_Exercise goal:_ The expected output is exactly the lines below, starting at the line with "abbrev pub keccak256 : Text → Text" and ending at the line with "minted_once = refl", both included; no other line belongs in it.

_Input for this task:_
-- ===== src/Examples/Contract.antt =====
-- The escrow contract, with tokens that count their calls and roles that everyone has.
use railway.Base.{ℕ, ◌+◌, ◌*◌, ◌^◌, ◌≡◌, refl, Bool, true, false, List, [], ◌∷◌, some, replicate}
use railway.Text.{Text, codes, text_eq}
use railway.Contracts.MintEscrow.{
  OpenZeppelin, Message, EscrowState, returns, contract_intent_id, revert_if, submit_intent,
  execute_mint, available_minting_capacity, zero_address, mint_executed, set_stablecoin,
  set_user_registry, set_country_token,
}
use railway.Contracts.MintEscrow.Transactions.{
  Action, submits, executes, sets_stablecoin, sets_user_registry, sets_country_token, left_by,
  deployed, Reachable, at_start, after_transaction, transact, Change, transacts, others, change,
  change_all,
}
use railway.Contracts.MintEscrow.Sound.{settlements, IsSound}
use railway.Contracts.MintEscrow.Laws.{Reachable-IsSound}
use railway.Contracts.MintEscrow.Terms.{execute_mint-submit_intent}

-- Access is whether the contract is paused.
abbrev pub oz : OpenZeppelin
oz = record {
  Access = Bool;
  has_role = λ role account paused. true;
  grant_role = λ role account paused. paused;
  revoke_role = λ role account paused. paused;
  is_paused = λ paused. paused;
  pause = λ paused. some true;
  unpause = λ paused. some false;
  Tokens = ℕ;
  safe_transfer_from = λ token caller from to amount n. some (n + 1);
  safe_transfer = λ token caller to amount n. some (n + 1);
  mint = λ token caller to amount n. some (n + 1);
}

abbrev pub keccak256 : Text → Text
keccak256 s = s

abbrev pub word : ℕ → Text
word n = n ∷ []

abbrev pub this : Text
this = replicate 20 9

abbrev pub account : ℕ → Text
account n = replicate 20 n

abbrev pub api : Message
api = record { sender = account 7; timestamp = 86400; is_compliant = λ registry user. true }

abbrev pub run : Message → Action → EscrowState oz → EscrowState oz
run = transact oz keccak256 word this

abbrev pub configured : EscrowState oz
configured = run api (sets_country_token (codes "KES") (account 3)) (
    run api (sets_user_registry (account 2))
      (run api (sets_stablecoin (account 1)) (deployed oz keccak256 word this false 0)))

abbrev pub pending_id : Text
pending_id =
    contract_intent_id keccak256 (account 7) (word (5 * 10 ^ 18)) (codes "KES") (codes "tx-1")

abbrev pub submitted : EscrowState oz
submitted = run api (submits (5 * 10 ^ 18) (codes "KES") (codes "tx-1")) configured

pub submitted-Reachable : Reachable oz keccak256 word this submitted
submitted-Reachable = after_transaction api _ _ (
    after_transaction api _ _
      (after_transaction api _ _ (after_transaction api _ _ (at_start false 0))))

abbrev minted : EscrowState oz
minted = run api (executes pending_id) submitted

minted_once : settlements pending_id minted.events ≡ 1
unfolding transact set_stablecoin set_user_registry set_country_token submit_intent execute_mint
    available_minting_capacity revert_if contract_intent_id text_eq codes
minted_once = refl

Reachable-IsSound_example : IsSound oz minted
Reachable-IsSound_example =
    Reachable-IsSound oz keccak256 word this minted (after_transaction api _ _ submitted-Reachable)

-- Another account submits under the reference, in vain, and the tokens change, before the execution.
abbrev between : List (Change oz keccak256 word this)
between =
    transacts (record api { sender = account 8 })
      (submits (5 * 10 ^ 18) (codes "KES") (codes "tx-1"))
    ∷ others false 40
    ∷ []

abbrev before : EscrowState oz
before = change_all oz keccak256 word this between submitted

abbrev executed_late : EscrowState oz
executed_late = left_by (execute_mint oz keccak256 word this api pending_id before) before

taken :
    submit_intent oz keccak256 word this api (5 * 10 ^ 18) (codes "KES") (codes "tx-1") configured
    ≡ returns pending_id submitted
unfolding transact set_stablecoin set_user_registry set_country_token submit_intent revert_if
    contract_intent_id text_eq codes
taken = refl

done : execute_mint oz keccak256 word this api pending_id before ≡ returns tt executed_late
unfolding transact change_all change set_stablecoin set_user_registry set_country_token
    submit_intent execute_mint available_minting_capacity revert_if contract_intent_id text_eq codes
done = refl

real : text_eq api.sender zero_address ≡ false
unfolding text_eq
real = refl

execute_mint-submit_intent_example :
    (oz.mint (before.country_tokens (codes "KES")) this api.sender (5 * 10 ^ 18) before.tokens
      ≡ some executed_late.tokens)
    × (executed_late.events
        ≡ mint_executed pending_id api.sender (5 * 10 ^ 18) (codes "KES") (codes "tx-1")
          ∷ before.events)
execute_mint-submit_intent_example =
    execute_mint-submit_intent oz keccak256 word this api api (5 * 10 ^ 18) (codes "KES")
      (codes "tx-1") pending_id between configured submitted executed_late real taken done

_Task response:_
abbrev pub keccak256 : Text → Text
keccak256 s = s

abbrev pub word : ℕ → Text
word n = n ∷ []

abbrev pub this : Text
this = replicate 20 9

abbrev pub account : ℕ → Text
account n = replicate 20 n

abbrev pub api : Message
api = record { sender = account 7; timestamp = 86400; is_compliant = λ registry user. true }

abbrev pub run : Message → Action → EscrowState oz → EscrowState oz
run = transact oz keccak256 word this

abbrev pub configured : EscrowState oz
configured = run api (sets_country_token (codes "KES") (account 3)) (
    run api (sets_user_registry (account 2))
      (run api (sets_stablecoin (account 1)) (deployed oz keccak256 word this false 0)))

abbrev pub pending_id : Text
pending_id =
    contract_intent_id keccak256 (account 7) (word (5 * 10 ^ 18)) (codes "KES") (codes "tx-1")

abbrev pub submitted : EscrowState oz
submitted = run api (submits (5 * 10 ^ 18) (codes "KES") (codes "tx-1")) configured

pub submitted-Reachable : Reachable oz keccak256 word this submitted
submitted-Reachable = after_transaction api _ _ (
    after_transaction api _ _
      (after_transaction api _ _ (after_transaction api _ _ (at_start false 0))))

abbrev minted : EscrowState oz
minted = run api (executes pending_id) submitted

minted_once : settlements pending_id minted.events ≡ 1
unfolding transact set_stablecoin set_user_registry set_country_token submit_intent execute_mint
    available_minting_capacity revert_if contract_intent_id text_eq codes
minted_once = refl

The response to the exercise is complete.